» EXERCISE DATA:

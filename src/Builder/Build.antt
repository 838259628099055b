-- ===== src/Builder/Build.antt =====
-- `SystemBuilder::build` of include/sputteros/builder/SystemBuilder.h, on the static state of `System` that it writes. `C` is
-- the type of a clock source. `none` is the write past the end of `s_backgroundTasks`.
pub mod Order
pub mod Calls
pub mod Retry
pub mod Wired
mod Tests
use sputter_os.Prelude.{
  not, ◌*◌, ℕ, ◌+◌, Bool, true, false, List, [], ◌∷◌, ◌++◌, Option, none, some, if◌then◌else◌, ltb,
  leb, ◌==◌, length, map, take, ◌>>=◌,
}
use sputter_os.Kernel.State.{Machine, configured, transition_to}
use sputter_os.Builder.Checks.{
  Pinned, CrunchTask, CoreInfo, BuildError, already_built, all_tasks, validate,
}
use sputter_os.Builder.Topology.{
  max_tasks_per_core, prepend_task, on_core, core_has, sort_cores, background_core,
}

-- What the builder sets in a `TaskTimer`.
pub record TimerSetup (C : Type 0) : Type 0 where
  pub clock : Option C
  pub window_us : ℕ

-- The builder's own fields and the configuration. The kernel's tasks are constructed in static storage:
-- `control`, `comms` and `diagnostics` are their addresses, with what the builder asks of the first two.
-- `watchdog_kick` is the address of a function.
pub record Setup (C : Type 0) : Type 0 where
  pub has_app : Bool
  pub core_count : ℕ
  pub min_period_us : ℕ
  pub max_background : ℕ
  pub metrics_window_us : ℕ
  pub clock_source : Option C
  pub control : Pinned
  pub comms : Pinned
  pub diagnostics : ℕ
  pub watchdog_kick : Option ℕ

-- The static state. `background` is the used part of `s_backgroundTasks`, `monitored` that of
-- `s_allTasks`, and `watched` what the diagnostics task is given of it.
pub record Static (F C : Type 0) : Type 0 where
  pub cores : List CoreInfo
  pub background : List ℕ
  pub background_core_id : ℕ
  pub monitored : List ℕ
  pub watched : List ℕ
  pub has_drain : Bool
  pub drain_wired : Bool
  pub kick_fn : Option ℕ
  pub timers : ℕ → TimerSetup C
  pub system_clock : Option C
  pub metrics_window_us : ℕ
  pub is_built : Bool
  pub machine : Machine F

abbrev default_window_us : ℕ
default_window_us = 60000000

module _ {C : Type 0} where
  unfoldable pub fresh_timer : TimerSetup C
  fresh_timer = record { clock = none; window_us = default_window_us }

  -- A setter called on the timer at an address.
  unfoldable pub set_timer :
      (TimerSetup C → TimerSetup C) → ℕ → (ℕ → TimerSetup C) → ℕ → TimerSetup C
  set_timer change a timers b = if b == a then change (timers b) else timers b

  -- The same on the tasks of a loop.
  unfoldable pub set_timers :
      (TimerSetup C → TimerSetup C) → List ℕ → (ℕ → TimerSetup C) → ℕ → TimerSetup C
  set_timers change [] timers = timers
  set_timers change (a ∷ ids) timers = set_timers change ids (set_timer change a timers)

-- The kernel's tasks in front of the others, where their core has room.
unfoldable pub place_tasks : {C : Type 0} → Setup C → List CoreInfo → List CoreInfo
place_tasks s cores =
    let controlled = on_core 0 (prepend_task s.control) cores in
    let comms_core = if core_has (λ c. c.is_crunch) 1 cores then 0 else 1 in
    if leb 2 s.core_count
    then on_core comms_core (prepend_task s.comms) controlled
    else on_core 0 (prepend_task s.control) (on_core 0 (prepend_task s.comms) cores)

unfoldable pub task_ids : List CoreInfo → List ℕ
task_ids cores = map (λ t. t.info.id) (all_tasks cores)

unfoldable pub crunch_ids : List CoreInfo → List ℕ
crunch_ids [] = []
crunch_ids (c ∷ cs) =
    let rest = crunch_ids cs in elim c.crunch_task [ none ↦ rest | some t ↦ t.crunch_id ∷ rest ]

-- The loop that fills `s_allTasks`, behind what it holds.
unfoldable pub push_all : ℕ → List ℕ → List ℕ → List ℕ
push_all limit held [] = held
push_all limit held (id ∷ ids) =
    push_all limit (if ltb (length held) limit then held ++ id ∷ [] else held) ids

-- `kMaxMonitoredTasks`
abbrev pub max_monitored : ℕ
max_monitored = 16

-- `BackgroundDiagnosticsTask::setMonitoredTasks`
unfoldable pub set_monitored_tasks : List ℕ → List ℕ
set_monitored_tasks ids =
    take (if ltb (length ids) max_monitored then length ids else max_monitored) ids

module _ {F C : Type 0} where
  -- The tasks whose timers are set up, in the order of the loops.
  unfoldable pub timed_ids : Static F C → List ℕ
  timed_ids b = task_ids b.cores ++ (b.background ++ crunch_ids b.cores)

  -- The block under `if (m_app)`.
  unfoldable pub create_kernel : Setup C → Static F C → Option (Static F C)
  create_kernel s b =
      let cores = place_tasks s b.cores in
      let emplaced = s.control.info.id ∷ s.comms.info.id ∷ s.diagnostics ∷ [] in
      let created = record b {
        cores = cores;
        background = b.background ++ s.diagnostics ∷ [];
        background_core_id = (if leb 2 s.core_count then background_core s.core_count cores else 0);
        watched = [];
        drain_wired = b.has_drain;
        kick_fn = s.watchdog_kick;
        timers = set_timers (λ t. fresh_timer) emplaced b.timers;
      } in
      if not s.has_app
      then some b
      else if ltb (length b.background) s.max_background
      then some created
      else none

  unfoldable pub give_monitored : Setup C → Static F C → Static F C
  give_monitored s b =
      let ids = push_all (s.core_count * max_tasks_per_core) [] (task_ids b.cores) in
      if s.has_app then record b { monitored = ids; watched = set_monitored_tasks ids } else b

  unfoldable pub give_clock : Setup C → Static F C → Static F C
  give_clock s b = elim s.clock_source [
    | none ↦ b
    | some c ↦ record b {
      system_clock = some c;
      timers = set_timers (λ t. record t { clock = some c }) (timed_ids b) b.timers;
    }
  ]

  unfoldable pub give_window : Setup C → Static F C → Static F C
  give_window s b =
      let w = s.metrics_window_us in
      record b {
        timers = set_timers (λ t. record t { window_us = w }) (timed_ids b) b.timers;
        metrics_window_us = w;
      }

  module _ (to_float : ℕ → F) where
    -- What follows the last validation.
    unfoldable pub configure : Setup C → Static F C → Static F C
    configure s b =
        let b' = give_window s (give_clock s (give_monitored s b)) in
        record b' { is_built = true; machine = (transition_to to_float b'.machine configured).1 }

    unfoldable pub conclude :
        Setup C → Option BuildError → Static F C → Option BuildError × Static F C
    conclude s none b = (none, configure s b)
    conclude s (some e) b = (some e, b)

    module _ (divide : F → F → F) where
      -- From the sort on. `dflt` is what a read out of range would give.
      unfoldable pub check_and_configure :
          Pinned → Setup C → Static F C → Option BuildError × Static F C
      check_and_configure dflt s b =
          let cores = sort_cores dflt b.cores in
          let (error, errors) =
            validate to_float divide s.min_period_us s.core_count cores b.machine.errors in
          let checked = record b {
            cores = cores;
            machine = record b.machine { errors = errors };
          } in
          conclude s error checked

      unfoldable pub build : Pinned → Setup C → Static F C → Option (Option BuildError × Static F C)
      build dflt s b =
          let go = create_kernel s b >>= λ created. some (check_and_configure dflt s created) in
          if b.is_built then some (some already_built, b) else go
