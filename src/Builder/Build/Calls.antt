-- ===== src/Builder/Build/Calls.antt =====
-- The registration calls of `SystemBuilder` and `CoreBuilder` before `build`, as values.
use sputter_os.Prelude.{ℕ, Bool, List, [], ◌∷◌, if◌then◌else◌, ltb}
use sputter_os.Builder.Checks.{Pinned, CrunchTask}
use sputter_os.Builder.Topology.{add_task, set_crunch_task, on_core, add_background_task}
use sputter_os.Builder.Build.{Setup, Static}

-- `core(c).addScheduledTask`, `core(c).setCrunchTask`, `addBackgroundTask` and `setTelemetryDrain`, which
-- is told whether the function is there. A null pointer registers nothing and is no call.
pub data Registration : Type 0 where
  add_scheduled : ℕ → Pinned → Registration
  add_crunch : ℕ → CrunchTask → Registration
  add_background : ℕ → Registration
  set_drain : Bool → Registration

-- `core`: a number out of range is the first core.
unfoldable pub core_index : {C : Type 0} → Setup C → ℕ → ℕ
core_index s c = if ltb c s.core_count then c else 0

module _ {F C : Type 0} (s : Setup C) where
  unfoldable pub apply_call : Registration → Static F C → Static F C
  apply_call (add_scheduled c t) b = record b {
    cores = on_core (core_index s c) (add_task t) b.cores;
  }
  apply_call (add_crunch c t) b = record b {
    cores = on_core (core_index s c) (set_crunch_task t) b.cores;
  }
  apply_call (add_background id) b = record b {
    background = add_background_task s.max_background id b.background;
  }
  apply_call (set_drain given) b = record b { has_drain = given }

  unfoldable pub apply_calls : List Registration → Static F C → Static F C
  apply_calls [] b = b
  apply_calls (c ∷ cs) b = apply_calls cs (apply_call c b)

» WHAT YOU WILL DO:
Word for word, restate the lines above from the line containing "pub record TimerSetup" through the line containing "unfoldable pub fresh_timer : TimerSetup C", with both included and nothing else.

» ANSWER FOR THIS EXERCISE:
pub record TimerSetup (C : Type 0) : Type 0 where
  pub clock : Option C
  pub window_us : ℕ

-- The builder's own fields and the configuration. The kernel's tasks are constructed in static storage:
-- `control`, `comms` and `diagnostics` are their addresses, with what the builder asks of the first two.
-- `watchdog_kick` is the address of a function.
pub record Setup (C : Type 0) : Type 0 where
  pub has_app : Bool
  pub core_count : ℕ
  pub min_period_us : ℕ
  pub max_background : ℕ
  pub metrics_window_us : ℕ
  pub clock_source : Option C
  pub control : Pinned
  pub comms : Pinned
  pub diagnostics : ℕ
  pub watchdog_kick : Option ℕ

-- The static state. `background` is the used part of `s_backgroundTasks`, `monitored` that of
-- `s_allTasks`, and `watched` what the diagnostics task is given of it.
pub record Static (F C : Type 0) : Type 0 where
  pub cores : List CoreInfo
  pub background : List ℕ
  pub background_core_id : ℕ
  pub monitored : List ℕ
  pub watched : List ℕ
  pub has_drain : Bool
  pub drain_wired : Bool
  pub kick_fn : Option ℕ
  pub timers : ℕ → TimerSetup C
  pub system_clock : Option C
  pub metrics_window_us : ℕ
  pub is_built : Bool
  pub machine : Machine F

abbrev default_window_us : ℕ
default_window_us = 60000000

module _ {C : Type 0} where
  unfoldable pub fresh_timer : TimerSetup C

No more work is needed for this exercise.